**Your assignment**
Copy out again, unchanged, the line that contains "replied otherwise (s, err e) = (s, err e)" and every line after it down to the last line of the data.

**Records supplied**

====================

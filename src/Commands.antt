-- ===== src/Commands.antt =====
-- `CommandRouter` of src/inbound/command_router.rs: what the daemon does with the text of an operator.
-- Upper and lower case and the conversation's `Clock`, `Codec` and `Reached` are arguments.
pub mod Routed
use Prim.Native.Char.{code}
use Prim.Native.String.{String, ◌++◌}
use geodineum_comms.Prelude.{
  ℕ, ◌==◌, Bool, true, false, ◌&&◌, ◌||◌, Option, none, some, List, [], ◌∷◌, leb, eqb, length,
  if◌then◌else◌,
}
use geodineum_comms.Prelude.Texts.{contains}
use geodineum_comms.Prelude.Chars.{
  trim, split_whitespace, split_once, is_upper, all_codes, byte_length,
}
use geodineum_comms.Errors.{CommsError, Result, ok, err}
use geodineum_comms.Conversation.{Chats, Clock, Codec, Reached, ContextResolution}
use geodineum_comms.Conversation.Context.{resolve_reply}
use geodineum_comms.Workflow.{WorkflowIntent, WorkflowDispatcher, recognize_intent}

-- `InboundMessage` (src/inbound/telegram_receiver.rs); the ids of chats and people are decimal texts.
pub record InboundMessage : Type 0 where
  pub text : String
  pub chat_id : String
  pub operator_id : String
  pub operator_name : String
  pub channel_source : String
  pub reply_to_msg_id : Option ℕ
  pub timestamp : String
  pub chat_type : String
  pub is_callback : Bool
  pub callback_query_id : String
  pub callback_message_id : Option ℕ

pub record ParsedCommand : Type 0 where
  pub command : String
  pub params : List String
  pub is_slash : Bool
  pub is_reply_command : Bool

pub data CommandAction : Type 0 where
  local : (command : String) (params : List String) → CommandAction
  inference : (prompt pipeline session_id : String) → CommandAction
  component_reply : (resolution : ContextResolution) → CommandAction
  set_pipeline : (pipeline : String) → CommandAction
  reset start history : CommandAction
  callback : (text query_id : String) (message_id : Option ℕ) → CommandAction
  chain_inference : (prompt session_id : String) → CommandAction
  workflow_dispatch : (intent : WorkflowIntent) → CommandAction
  no_op : (reason : String) → CommandAction

pub record CommandRouter : Type 0 where
  pub local_commands : List String
  pub workflow_dispatcher : Option WorkflowDispatcher
  pub chain_enabled : Bool

unfoldable pub new : CommandRouter
new = record {
  local_commands = "status" ∷ "health" ∷ "help" ∷ "stats" ∷ "sites" ∷ "visitors" ∷ [];
  workflow_dispatcher = none;
  chain_enabled = false;
}

unfoldable pub with_workflow_dispatcher : WorkflowDispatcher → CommandRouter → CommandRouter
with_workflow_dispatcher d router = record router { workflow_dispatcher = some d }

unfoldable pub with_inference_chain : Bool → CommandRouter → CommandRouter
with_inference_chain enabled router = record router { chain_enabled = enabled }

abbrev first_or_empty : List String → String
first_or_empty [] = ""
first_or_empty (w ∷ ws) = w

abbrev pub is_action_code : ℕ → Bool
is_action_code c = is_upper c || eqb c b'_'

unfoldable pub looks_like_reply_command : String → Bool
looks_like_reply_command text =
    let word = first_or_empty (split_whitespace text) in
    leb 3 (byte_length word)
    && (all_codes is_action_code word && leb (length (split_whitespace text)) 4)

-- `strip_prefix('/')` behind the test for it
abbrev pub behind_slash : String → Option String
behind_slash String.[] = none
behind_slash (String.◌∷◌ c s) = if eqb (code c) b'/' then some s else none

abbrev pub params_of : Option String → List String
params_of none = []
params_of (some rest) = split_whitespace rest

-- Upper case, and lower case.
pub record Cases : Type 0 where
  pub to_uppercase : String → String
  pub to_lowercase : String → String

-- a text without a slash in front
abbrev pub parse_plain : Cases → String → ParsedCommand
parse_plain k text =
    if looks_like_reply_command text
    then record {
      command = k.to_uppercase (split_once text).0;
      params = params_of (split_once text).1;
      is_slash = false;
      is_reply_command = true;
    }
    else record { command = ""; params = []; is_slash = false; is_reply_command = false }

abbrev pub parse_trimmed : Cases → String → Option String → ParsedCommand
parse_trimmed k text none = parse_plain k text
parse_trimmed k text (some without_slash) = record {
  command = k.to_lowercase (split_once without_slash).0;
  params = params_of (split_once without_slash).1;
  is_slash = true;
  is_reply_command = false;
}

unfoldable pub parse_text : Cases → String → ParsedCommand
parse_text k text = parse_trimmed k (trim text) (behind_slash (trim text))

abbrev pub join_words : List String → String
join_words [] = ""
join_words (w ∷ []) = w
join_words (w ∷ v ∷ ws) = w ++ " " ++ join_words (v ∷ ws)

abbrev pub pipeline_command : List String → String → CommandAction
pipeline_command [] current_pipeline = local "pipeline_info" (current_pipeline ∷ [])
pipeline_command (name ∷ names) current_pipeline = set_pipeline name

unfoldable pub handle_slash : CommandRouter → ParsedCommand → String → CommandAction
handle_slash router parsed current_pipeline =
    let command = parsed.command in
    if command == "start"
    then start
    else if command == "history"
    then history
    else if command == "pipeline" || command == "p"
    then pipeline_command parsed.params current_pipeline
    else if command == "reset" || (command == "clear" || command == "new")
    then reset
    else if contains command router.local_commands
    then local command parsed.params
    else inference ("/" ++ command ++ " " ++ join_words parsed.params) current_pipeline ""

-- Text for the inference service.
abbrev pub to_inference : CommandRouter → InboundMessage → String → String → CommandAction
to_inference router msg pipeline session_id =
    if router.chain_enabled
    then chain_inference msg.text session_id
    else inference msg.text pipeline session_id

abbrev pub intent_by : Cases → String → Option WorkflowDispatcher → Option WorkflowIntent
intent_by k text none = none
intent_by k text (some d) = recognize_intent k.to_uppercase text

abbrev pub workflow_or : Option WorkflowIntent → CommandAction → CommandAction
workflow_or none action = action
workflow_or (some i) action = workflow_dispatch i

-- Behind the resolution of a reply.
abbrev pub replied :
    CommandAction → Chats × Result (Option ContextResolution) → Chats × Result CommandAction
replied otherwise (s, err e) = (s, err e)
replied otherwise (s, ok none) = (s, ok otherwise)
replied otherwise (s, ok (some resolution)) = (s, ok (component_reply resolution))

unfoldable pub route_command :
    CommandRouter
    → Cases
    → Clock
    → Codec
    → Reached
    → InboundMessage
    → String
    → String
    → String
    → Chats
    → Chats × Result CommandAction
route_command router k c j r msg site_id pipeline session_id s =
    let parsed = parse_text k msg.text in
    let otherwise = to_inference router msg pipeline session_id in
    if msg.is_callback
    then (s, ok (callback msg.text msg.callback_query_id msg.callback_message_id))
    else if parsed.is_slash
    then (s, ok (handle_slash router parsed pipeline))
    else if parsed.is_reply_command
    then replied (workflow_or (intent_by k msg.text router.workflow_dispatcher) otherwise)
        (resolve_reply c j r msg.chat_id site_id msg.text s)
    else (s, ok otherwise)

====================

**Answer box**
replied otherwise (s, err e) = (s, err e)
replied otherwise (s, ok none) = (s, ok otherwise)
replied otherwise (s, ok (some resolution)) = (s, ok (component_reply resolution))

unfoldable pub route_command :
    CommandRouter
    → Cases
    → Clock
    → Codec
    → Reached
    → InboundMessage
    → String
    → String
    → String
    → Chats
    → Chats × Result CommandAction
route_command router k c j r msg site_id pipeline session_id s =
    let parsed = parse_text k msg.text in
    let otherwise = to_inference router msg pipeline session_id in
    if msg.is_callback
    then (s, ok (callback msg.text msg.callback_query_id msg.callback_message_id))
    else if parsed.is_slash
    then (s, ok (handle_slash router parsed pipeline))
    else if parsed.is_reply_command
    then replied (workflow_or (intent_by k msg.text router.workflow_dispatcher) otherwise)
        (resolve_reply c j r msg.chat_id site_id msg.text s)
    else (s, ok otherwise)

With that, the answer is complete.